-------- Task data

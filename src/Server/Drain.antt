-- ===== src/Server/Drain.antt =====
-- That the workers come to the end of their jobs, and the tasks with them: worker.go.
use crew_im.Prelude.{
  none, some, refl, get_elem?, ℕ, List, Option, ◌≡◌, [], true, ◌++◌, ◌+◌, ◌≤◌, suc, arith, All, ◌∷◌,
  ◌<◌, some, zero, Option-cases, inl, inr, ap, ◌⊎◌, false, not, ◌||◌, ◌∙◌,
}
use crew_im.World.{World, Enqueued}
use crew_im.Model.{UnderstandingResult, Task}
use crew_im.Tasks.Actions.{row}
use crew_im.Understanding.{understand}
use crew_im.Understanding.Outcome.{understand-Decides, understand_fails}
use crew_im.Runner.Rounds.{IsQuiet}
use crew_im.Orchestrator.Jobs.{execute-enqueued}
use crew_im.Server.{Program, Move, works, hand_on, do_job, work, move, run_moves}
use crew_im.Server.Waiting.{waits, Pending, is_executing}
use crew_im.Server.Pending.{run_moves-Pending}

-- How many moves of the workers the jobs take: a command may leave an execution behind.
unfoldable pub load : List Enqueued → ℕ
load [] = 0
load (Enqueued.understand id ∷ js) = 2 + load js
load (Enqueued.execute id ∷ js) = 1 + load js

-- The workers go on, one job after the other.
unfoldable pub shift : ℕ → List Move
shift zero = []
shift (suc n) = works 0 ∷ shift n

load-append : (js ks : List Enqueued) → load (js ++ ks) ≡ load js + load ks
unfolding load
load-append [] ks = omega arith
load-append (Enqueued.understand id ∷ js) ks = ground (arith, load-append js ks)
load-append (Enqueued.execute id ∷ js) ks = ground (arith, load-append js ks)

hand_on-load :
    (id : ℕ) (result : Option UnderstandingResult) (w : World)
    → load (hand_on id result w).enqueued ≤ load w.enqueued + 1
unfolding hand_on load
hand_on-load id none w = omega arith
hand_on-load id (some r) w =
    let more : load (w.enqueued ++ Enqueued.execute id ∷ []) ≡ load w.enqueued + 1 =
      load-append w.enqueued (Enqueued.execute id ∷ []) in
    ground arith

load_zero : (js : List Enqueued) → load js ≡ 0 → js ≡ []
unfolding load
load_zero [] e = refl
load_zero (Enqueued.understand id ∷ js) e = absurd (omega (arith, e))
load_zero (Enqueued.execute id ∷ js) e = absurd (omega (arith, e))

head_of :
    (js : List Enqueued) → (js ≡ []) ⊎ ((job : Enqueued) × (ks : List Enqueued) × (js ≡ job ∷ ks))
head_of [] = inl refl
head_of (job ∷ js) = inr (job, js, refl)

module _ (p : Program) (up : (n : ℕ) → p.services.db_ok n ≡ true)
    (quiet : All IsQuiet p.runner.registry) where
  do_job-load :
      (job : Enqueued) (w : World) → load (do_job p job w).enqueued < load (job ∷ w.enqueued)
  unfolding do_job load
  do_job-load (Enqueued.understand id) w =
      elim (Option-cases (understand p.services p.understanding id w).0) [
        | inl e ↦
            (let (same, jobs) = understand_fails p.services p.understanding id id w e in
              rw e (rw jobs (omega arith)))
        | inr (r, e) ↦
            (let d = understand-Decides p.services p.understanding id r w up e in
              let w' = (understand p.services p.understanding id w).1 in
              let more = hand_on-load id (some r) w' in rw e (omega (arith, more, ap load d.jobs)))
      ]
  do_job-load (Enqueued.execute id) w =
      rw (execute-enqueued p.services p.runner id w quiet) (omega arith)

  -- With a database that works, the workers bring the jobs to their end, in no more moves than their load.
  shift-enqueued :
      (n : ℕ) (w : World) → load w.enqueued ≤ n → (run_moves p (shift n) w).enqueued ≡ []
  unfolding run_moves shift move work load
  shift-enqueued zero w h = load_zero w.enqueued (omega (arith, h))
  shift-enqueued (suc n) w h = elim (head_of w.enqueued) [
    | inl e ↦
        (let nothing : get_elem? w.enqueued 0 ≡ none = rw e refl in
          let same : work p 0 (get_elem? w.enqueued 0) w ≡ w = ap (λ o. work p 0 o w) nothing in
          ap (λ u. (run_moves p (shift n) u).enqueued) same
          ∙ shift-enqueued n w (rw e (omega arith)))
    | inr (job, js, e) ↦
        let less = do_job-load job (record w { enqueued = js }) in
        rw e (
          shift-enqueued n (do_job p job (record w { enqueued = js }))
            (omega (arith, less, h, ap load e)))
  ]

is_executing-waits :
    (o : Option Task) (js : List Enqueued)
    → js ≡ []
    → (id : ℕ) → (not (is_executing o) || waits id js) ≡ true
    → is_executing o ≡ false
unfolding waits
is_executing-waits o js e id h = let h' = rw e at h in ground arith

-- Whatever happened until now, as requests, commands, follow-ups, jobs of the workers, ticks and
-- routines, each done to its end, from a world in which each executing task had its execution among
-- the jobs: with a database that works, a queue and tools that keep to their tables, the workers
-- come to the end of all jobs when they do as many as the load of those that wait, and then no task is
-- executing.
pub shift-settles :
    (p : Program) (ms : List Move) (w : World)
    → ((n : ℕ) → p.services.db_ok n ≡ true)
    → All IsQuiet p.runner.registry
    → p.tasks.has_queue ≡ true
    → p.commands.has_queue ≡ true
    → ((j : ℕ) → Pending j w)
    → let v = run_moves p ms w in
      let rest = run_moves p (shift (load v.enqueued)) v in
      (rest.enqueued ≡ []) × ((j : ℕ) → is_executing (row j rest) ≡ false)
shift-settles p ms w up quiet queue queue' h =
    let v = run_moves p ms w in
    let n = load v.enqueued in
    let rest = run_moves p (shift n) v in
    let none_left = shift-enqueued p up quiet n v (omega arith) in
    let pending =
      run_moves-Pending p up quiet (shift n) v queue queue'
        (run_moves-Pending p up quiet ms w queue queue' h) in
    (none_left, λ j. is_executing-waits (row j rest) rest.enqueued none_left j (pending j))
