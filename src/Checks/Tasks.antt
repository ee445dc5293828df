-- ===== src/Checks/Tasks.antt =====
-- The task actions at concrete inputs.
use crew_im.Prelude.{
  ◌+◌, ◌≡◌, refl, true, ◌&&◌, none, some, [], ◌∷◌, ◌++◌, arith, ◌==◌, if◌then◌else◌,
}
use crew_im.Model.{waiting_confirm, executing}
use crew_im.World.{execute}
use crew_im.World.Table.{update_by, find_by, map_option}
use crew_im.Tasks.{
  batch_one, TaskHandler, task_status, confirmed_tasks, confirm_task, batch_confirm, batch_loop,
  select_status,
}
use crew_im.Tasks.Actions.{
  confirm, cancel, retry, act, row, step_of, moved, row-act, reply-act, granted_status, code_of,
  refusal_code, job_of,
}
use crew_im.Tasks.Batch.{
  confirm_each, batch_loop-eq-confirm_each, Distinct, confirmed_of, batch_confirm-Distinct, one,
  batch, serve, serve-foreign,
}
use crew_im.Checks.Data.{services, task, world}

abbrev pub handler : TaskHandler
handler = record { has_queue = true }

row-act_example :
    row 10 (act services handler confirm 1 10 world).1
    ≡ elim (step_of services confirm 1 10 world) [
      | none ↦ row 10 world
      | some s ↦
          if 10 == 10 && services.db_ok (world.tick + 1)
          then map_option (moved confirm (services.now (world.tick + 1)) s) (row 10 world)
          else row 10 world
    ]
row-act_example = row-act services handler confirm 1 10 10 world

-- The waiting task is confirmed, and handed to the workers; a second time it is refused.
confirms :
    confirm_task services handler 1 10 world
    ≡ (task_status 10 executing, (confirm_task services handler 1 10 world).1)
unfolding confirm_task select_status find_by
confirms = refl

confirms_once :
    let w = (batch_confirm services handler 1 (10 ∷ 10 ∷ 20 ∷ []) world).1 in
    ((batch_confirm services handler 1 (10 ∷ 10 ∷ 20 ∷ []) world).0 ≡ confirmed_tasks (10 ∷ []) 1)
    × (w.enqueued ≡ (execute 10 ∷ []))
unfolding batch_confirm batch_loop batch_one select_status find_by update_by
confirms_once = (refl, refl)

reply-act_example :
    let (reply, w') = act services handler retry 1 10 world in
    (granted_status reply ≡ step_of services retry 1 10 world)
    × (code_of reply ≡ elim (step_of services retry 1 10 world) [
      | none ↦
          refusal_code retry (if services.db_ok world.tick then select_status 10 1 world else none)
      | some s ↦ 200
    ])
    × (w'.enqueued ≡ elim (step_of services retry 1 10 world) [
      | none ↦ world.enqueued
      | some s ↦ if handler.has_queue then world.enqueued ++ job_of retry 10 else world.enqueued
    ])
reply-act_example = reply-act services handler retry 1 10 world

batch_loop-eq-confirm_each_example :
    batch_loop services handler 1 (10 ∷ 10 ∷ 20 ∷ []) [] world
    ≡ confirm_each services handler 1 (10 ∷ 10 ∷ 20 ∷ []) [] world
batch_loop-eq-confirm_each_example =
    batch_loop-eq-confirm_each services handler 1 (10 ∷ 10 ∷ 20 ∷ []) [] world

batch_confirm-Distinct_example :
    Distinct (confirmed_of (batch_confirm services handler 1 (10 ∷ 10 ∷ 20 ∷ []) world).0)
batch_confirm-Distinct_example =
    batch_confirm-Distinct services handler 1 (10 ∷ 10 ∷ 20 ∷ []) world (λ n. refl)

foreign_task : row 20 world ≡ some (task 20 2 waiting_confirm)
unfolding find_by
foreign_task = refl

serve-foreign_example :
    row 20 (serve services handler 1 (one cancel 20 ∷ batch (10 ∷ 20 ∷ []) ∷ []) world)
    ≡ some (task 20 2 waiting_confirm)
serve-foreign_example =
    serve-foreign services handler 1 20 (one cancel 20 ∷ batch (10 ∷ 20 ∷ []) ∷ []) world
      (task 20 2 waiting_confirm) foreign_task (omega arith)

----------------

Task objective ::
Beginning with the line holding "(let nothing : get_elem?" and ending with the line holding "(job, js, e) ↦", write out the stretch of material above exactly; add no further lines.

Reply ::
        (let nothing : get_elem? w.enqueued 0 ≡ none = rw e refl in
          let same : work p 0 (get_elem? w.enqueued 0) w ≡ w = ap (λ o. work p 0 o w) nothing in
          ap (λ u. (run_moves p (shift n) u).enqueued) same
          ∙ shift-enqueued n w (rw e (omega arith)))
    | inr (job, js, e) ↦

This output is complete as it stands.